→ **Work to complete**:
Only the lines below starting at the one that contains "are written as." and ending at the one that contains "pub as_u64 : Value → Option ℕ" are to be reproduced, exactly and with both ends kept.

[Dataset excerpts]
______

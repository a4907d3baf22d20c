-- ===== src/Bridge/Json.antt =====
-- What rust/signal_bridge/src/lib.rs uses of the crates serde_json and base64, as parameters, and
-- what its clients rely on.
use radix_relay.Prelude.{
  ℕ, ◌<◌, ◌^◌, ◌≡◌, Option, some, List, [], ◌∷◌, ◌++◌, String, if◌then◌else◌, ◌==◌, string_eq,
}
use radix_relay.Exec.{Outcome, ok}

-- `serde_json::Value`, and the texts that values are written as.
pub record JsonApi : Type 1 where
  pub Value : Type 0
  pub Text : Type 0
  pub null : Value
  pub string : String → Value
  pub number : ℕ → Value
  pub array : List Value → Value
  -- `json!({..})`, whose members are inserted in the order given
  pub object : List (String × Value) → Value
  -- `value[key]`, and `value[key] = v`, which panics where the value can have no members
  pub get : Value → String → Value
  pub put : Value → String → Value → Outcome Value
  pub as_u64 : Value → Option ℕ
  pub as_str : Value → Option String
  pub as_array : Value → Option (List Value)
  pub to_string : Value → Option Text
  pub from_str : Text → Option Value

-- The member under a key: a later one has replaced an earlier one.
abbrev pub member {ℓ} : {V : Type ℓ} → V → String → List (String × V) → V
member v key [] = v
member v key ((k, w) ∷ fields) = member (if k == key then w else v) key fields

pub record JsonLaws (J : JsonApi) : Type 0 where
  pub get-object :
      (fields : List (String × J.Value)) (key : String)
      → J.get (J.object fields) key ≡ member J.null key fields
  pub put-object :
      (fields : List (String × J.Value)) (key : String) (v : J.Value)
      → J.put (J.object fields) key v ≡ ok (J.object (fields ++ (key, v) ∷ []))
  pub u64_back : (n : ℕ) → n < 2 ^ 64 → J.as_u64 (J.number n) ≡ some n
  pub str_back : (t : String) → J.as_str (J.string t) ≡ some t
  pub array_back : (vs : List J.Value) → J.as_array (J.array vs) ≡ some vs
  -- every value is written, and is then read back
  pub written : (v : J.Value) → (t : J.Text) × (J.to_string v ≡ some t)
  pub text_back : (v : J.Value) {t : J.Text} → J.to_string v ≡ some t → J.from_str t ≡ some v

-- `base64::engine::general_purpose::STANDARD`
pub record Base64 : Type 0 where
  pub encode : List ℕ → String
  pub decode : String → Option (List ℕ)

______

→ **Exercise result**:
-- `serde_json::Value`, and the texts that values are written as.
pub record JsonApi : Type 1 where
  pub Value : Type 0
  pub Text : Type 0
  pub null : Value
  pub string : String → Value
  pub number : ℕ → Value
  pub array : List Value → Value
  -- `json!({..})`, whose members are inserted in the order given
  pub object : List (String × Value) → Value
  -- `value[key]`, and `value[key] = v`, which panics where the value can have no members
  pub get : Value → String → Value
  pub put : Value → String → Value → Outcome Value
  pub as_u64 : Value → Option ℕ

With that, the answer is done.